*** Opening DATA ***

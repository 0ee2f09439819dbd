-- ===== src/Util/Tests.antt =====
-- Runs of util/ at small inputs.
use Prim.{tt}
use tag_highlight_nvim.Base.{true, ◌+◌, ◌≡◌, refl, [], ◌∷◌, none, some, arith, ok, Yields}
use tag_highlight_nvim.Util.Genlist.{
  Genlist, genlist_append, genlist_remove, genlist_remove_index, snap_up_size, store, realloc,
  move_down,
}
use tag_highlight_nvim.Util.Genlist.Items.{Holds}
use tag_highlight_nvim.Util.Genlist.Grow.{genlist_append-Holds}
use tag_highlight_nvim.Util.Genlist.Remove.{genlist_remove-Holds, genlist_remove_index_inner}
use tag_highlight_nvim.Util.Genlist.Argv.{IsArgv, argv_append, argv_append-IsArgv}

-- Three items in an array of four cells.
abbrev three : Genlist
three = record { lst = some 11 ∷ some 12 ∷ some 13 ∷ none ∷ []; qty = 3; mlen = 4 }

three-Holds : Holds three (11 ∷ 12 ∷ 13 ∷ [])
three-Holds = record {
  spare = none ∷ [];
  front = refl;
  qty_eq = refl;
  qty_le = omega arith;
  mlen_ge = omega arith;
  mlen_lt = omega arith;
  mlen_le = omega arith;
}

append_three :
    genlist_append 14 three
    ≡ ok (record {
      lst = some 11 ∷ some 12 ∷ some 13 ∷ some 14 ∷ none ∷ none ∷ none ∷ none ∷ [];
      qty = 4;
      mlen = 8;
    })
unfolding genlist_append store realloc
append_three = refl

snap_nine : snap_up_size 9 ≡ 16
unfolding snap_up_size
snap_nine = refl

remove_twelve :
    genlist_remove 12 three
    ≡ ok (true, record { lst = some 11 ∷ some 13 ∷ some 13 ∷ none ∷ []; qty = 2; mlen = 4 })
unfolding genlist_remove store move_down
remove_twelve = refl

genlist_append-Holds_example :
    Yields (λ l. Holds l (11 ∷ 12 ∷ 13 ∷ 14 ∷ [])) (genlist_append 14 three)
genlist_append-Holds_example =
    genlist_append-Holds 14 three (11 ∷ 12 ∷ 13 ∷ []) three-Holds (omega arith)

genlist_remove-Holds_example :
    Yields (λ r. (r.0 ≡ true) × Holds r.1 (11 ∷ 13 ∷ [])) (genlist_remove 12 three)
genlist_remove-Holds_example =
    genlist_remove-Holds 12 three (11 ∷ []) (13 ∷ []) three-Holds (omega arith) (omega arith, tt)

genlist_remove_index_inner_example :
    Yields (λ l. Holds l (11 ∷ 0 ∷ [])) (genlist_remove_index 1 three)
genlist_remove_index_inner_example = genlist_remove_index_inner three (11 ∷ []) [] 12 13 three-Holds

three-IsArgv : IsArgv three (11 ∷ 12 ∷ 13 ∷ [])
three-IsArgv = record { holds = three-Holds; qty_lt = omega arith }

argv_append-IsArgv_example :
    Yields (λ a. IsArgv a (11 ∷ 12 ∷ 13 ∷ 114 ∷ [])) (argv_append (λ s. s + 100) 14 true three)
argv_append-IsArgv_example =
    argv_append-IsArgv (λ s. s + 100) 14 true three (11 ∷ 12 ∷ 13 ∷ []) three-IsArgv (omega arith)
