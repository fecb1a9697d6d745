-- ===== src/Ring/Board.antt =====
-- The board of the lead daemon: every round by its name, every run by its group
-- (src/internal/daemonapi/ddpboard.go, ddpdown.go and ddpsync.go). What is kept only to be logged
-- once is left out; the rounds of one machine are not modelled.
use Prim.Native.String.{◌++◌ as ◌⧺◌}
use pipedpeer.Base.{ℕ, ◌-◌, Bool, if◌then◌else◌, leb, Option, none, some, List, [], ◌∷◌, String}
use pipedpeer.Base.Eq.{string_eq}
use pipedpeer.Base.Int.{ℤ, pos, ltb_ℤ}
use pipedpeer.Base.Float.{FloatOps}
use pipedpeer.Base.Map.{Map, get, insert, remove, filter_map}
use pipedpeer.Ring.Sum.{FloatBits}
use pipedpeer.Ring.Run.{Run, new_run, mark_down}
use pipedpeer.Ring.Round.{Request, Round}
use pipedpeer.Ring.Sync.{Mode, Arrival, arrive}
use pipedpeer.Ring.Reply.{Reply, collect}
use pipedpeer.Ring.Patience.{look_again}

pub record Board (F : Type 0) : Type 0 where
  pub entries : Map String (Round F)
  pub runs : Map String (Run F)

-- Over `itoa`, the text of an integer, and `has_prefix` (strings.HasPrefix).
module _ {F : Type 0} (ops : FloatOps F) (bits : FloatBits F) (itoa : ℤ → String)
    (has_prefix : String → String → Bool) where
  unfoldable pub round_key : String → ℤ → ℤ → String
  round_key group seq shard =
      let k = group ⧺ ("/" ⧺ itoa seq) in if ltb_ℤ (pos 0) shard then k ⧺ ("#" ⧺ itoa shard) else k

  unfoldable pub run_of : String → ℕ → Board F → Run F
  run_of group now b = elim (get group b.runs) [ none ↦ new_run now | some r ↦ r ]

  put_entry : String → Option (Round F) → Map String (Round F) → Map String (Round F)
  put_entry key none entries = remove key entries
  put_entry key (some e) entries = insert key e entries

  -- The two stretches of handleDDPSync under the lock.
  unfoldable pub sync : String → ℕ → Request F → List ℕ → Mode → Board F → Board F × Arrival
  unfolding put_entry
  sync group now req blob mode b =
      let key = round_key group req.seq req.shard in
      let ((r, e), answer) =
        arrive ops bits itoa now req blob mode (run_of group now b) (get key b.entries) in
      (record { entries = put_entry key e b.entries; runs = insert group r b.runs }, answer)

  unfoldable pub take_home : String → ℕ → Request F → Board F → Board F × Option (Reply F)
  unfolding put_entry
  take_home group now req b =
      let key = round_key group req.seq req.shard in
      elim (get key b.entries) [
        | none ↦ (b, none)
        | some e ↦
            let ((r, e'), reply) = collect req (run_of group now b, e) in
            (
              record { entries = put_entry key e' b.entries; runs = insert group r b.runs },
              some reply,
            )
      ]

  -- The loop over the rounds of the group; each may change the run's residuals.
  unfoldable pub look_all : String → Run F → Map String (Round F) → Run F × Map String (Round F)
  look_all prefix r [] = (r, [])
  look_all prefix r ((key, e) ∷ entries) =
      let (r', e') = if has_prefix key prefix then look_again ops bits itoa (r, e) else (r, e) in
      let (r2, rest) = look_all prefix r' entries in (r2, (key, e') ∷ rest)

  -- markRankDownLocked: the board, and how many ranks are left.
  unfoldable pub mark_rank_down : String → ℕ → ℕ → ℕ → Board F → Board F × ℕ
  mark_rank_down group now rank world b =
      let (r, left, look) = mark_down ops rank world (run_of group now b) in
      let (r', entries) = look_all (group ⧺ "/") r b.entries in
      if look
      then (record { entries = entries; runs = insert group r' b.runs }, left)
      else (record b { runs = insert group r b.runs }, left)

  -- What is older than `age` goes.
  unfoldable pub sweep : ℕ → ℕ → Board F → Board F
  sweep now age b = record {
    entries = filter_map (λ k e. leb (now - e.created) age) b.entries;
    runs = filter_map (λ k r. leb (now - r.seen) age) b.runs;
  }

*** Closing DATA ***

• _EXERCISE OBJECTIVE_
This exercise requires that all of the entries be repeated exactly.

• _REPLY_
repository 0ee2f09439819dbd
-- ===== src/Util/Tests.antt =====
-- Runs of util/ at small inputs.
use Prim.{tt}
use tag_highlight_nvim.Base.{true, ◌+◌, ◌≡◌, refl, [], ◌∷◌, none, some, arith, ok, Yields}
use tag_highlight_nvim.Util.Genlist.{
  Genlist, genlist_append, genlist_remove, genlist_remove_index, snap_up_size, store, realloc,
  move_down,
}
use tag_highlight_nvim.Util.Genlist.Items.{Holds}
use tag_highlight_nvim.Util.Genlist.Grow.{genlist_append-Holds}
use tag_highlight_nvim.Util.Genlist.Remove.{genlist_remove-Holds, genlist_remove_index_inner}
use tag_highlight_nvim.Util.Genlist.Argv.{IsArgv, argv_append, argv_append-IsArgv}

-- Three items in an array of four cells.
abbrev three : Genlist
three = record { lst = some 11 ∷ some 12 ∷ some 13 ∷ none ∷ []; qty = 3; mlen = 4 }

three-Holds : Holds three (11 ∷ 12 ∷ 13 ∷ [])
three-Holds = record {
  spare = none ∷ [];
  front = refl;
  qty_eq = refl;
  qty_le = omega arith;
  mlen_ge = omega arith;
  mlen_lt = omega arith;
  mlen_le = omega arith;
}

append_three :
    genlist_append 14 three
    ≡ ok (record {
      lst = some 11 ∷ some 12 ∷ some 13 ∷ some 14 ∷ none ∷ none ∷ none ∷ none ∷ [];
      qty = 4;
      mlen = 8;
    })
unfolding genlist_append store realloc
append_three = refl

snap_nine : snap_up_size 9 ≡ 16
unfolding snap_up_size
snap_nine = refl

remove_twelve :
    genlist_remove 12 three
    ≡ ok (true, record { lst = some 11 ∷ some 13 ∷ some 13 ∷ none ∷ []; qty = 2; mlen = 4 })
unfolding genlist_remove store move_down
remove_twelve = refl

genlist_append-Holds_example :
    Yields (λ l. Holds l (11 ∷ 12 ∷ 13 ∷ 14 ∷ [])) (genlist_append 14 three)
genlist_append-Holds_example =
    genlist_append-Holds 14 three (11 ∷ 12 ∷ 13 ∷ []) three-Holds (omega arith)

genlist_remove-Holds_example :
    Yields (λ r. (r.0 ≡ true) × Holds r.1 (11 ∷ 13 ∷ [])) (genlist_remove 12 three)
genlist_remove-Holds_example =
    genlist_remove-Holds 12 three (11 ∷ []) (13 ∷ []) three-Holds (omega arith) (omega arith, tt)

genlist_remove_index_inner_example :
    Yields (λ l. Holds l (11 ∷ 0 ∷ [])) (genlist_remove_index 1 three)
genlist_remove_index_inner_example = genlist_remove_index_inner three (11 ∷ []) [] 12 13 three-Holds

three-IsArgv : IsArgv three (11 ∷ 12 ∷ 13 ∷ [])
three-IsArgv = record { holds = three-Holds; qty_lt = omega arith }

argv_append-IsArgv_example :
    Yields (λ a. IsArgv a (11 ∷ 12 ∷ 13 ∷ 114 ∷ [])) (argv_append (λ s. s + 100) 14 true three)
argv_append-IsArgv_example =
    argv_append-IsArgv (λ s. s + 100) 14 true three (11 ∷ 12 ∷ 13 ∷ []) three-IsArgv (omega arith)
repository fecb1a9697d6d745
-- ===== src/Ring/Board.antt =====
-- The board of the lead daemon: every round by its name, every run by its group
-- (src/internal/daemonapi/ddpboard.go, ddpdown.go and ddpsync.go). What is kept only to be logged
-- once is left out; the rounds of one machine are not modelled.
use Prim.Native.String.{◌++◌ as ◌⧺◌}
use pipedpeer.Base.{ℕ, ◌-◌, Bool, if◌then◌else◌, leb, Option, none, some, List, [], ◌∷◌, String}
use pipedpeer.Base.Eq.{string_eq}
use pipedpeer.Base.Int.{ℤ, pos, ltb_ℤ}
use pipedpeer.Base.Float.{FloatOps}
use pipedpeer.Base.Map.{Map, get, insert, remove, filter_map}
use pipedpeer.Ring.Sum.{FloatBits}
use pipedpeer.Ring.Run.{Run, new_run, mark_down}
use pipedpeer.Ring.Round.{Request, Round}
use pipedpeer.Ring.Sync.{Mode, Arrival, arrive}
use pipedpeer.Ring.Reply.{Reply, collect}
use pipedpeer.Ring.Patience.{look_again}

pub record Board (F : Type 0) : Type 0 where
  pub entries : Map String (Round F)
  pub runs : Map String (Run F)

-- Over `itoa`, the text of an integer, and `has_prefix` (strings.HasPrefix).
module _ {F : Type 0} (ops : FloatOps F) (bits : FloatBits F) (itoa : ℤ → String)
    (has_prefix : String → String → Bool) where
  unfoldable pub round_key : String → ℤ → ℤ → String
  round_key group seq shard =
      let k = group ⧺ ("/" ⧺ itoa seq) in if ltb_ℤ (pos 0) shard then k ⧺ ("#" ⧺ itoa shard) else k

  unfoldable pub run_of : String → ℕ → Board F → Run F
  run_of group now b = elim (get group b.runs) [ none ↦ new_run now | some r ↦ r ]

  put_entry : String → Option (Round F) → Map String (Round F) → Map String (Round F)
  put_entry key none entries = remove key entries
  put_entry key (some e) entries = insert key e entries

  -- The two stretches of handleDDPSync under the lock.
  unfoldable pub sync : String → ℕ → Request F → List ℕ → Mode → Board F → Board F × Arrival
  unfolding put_entry
  sync group now req blob mode b =
      let key = round_key group req.seq req.shard in
      let ((r, e), answer) =
        arrive ops bits itoa now req blob mode (run_of group now b) (get key b.entries) in
      (record { entries = put_entry key e b.entries; runs = insert group r b.runs }, answer)

  unfoldable pub take_home : String → ℕ → Request F → Board F → Board F × Option (Reply F)
  unfolding put_entry
  take_home group now req b =
      let key = round_key group req.seq req.shard in
      elim (get key b.entries) [
        | none ↦ (b, none)
        | some e ↦
            let ((r, e'), reply) = collect req (run_of group now b, e) in
            (
              record { entries = put_entry key e' b.entries; runs = insert group r b.runs },
              some reply,
            )
      ]

  -- The loop over the rounds of the group; each may change the run's residuals.
  unfoldable pub look_all : String → Run F → Map String (Round F) → Run F × Map String (Round F)
  look_all prefix r [] = (r, [])
  look_all prefix r ((key, e) ∷ entries) =
      let (r', e') = if has_prefix key prefix then look_again ops bits itoa (r, e) else (r, e) in
      let (r2, rest) = look_all prefix r' entries in (r2, (key, e') ∷ rest)

  -- markRankDownLocked: the board, and how many ranks are left.
  unfoldable pub mark_rank_down : String → ℕ → ℕ → ℕ → Board F → Board F × ℕ
  mark_rank_down group now rank world b =
      let (r, left, look) = mark_down ops rank world (run_of group now b) in
      let (r', entries) = look_all (group ⧺ "/") r b.entries in
      if look
      then (record { entries = entries; runs = insert group r' b.runs }, left)
      else (record b { runs = insert group r b.runs }, left)

  -- What is older than `age` goes.
  unfoldable pub sweep : ℕ → ℕ → Board F → Board F
  sweep now age b = record {
    entries = filter_map (λ k e. leb (now - e.created) age) b.entries;
    runs = filter_map (λ k r. leb (now - r.seen) age) b.runs;
  }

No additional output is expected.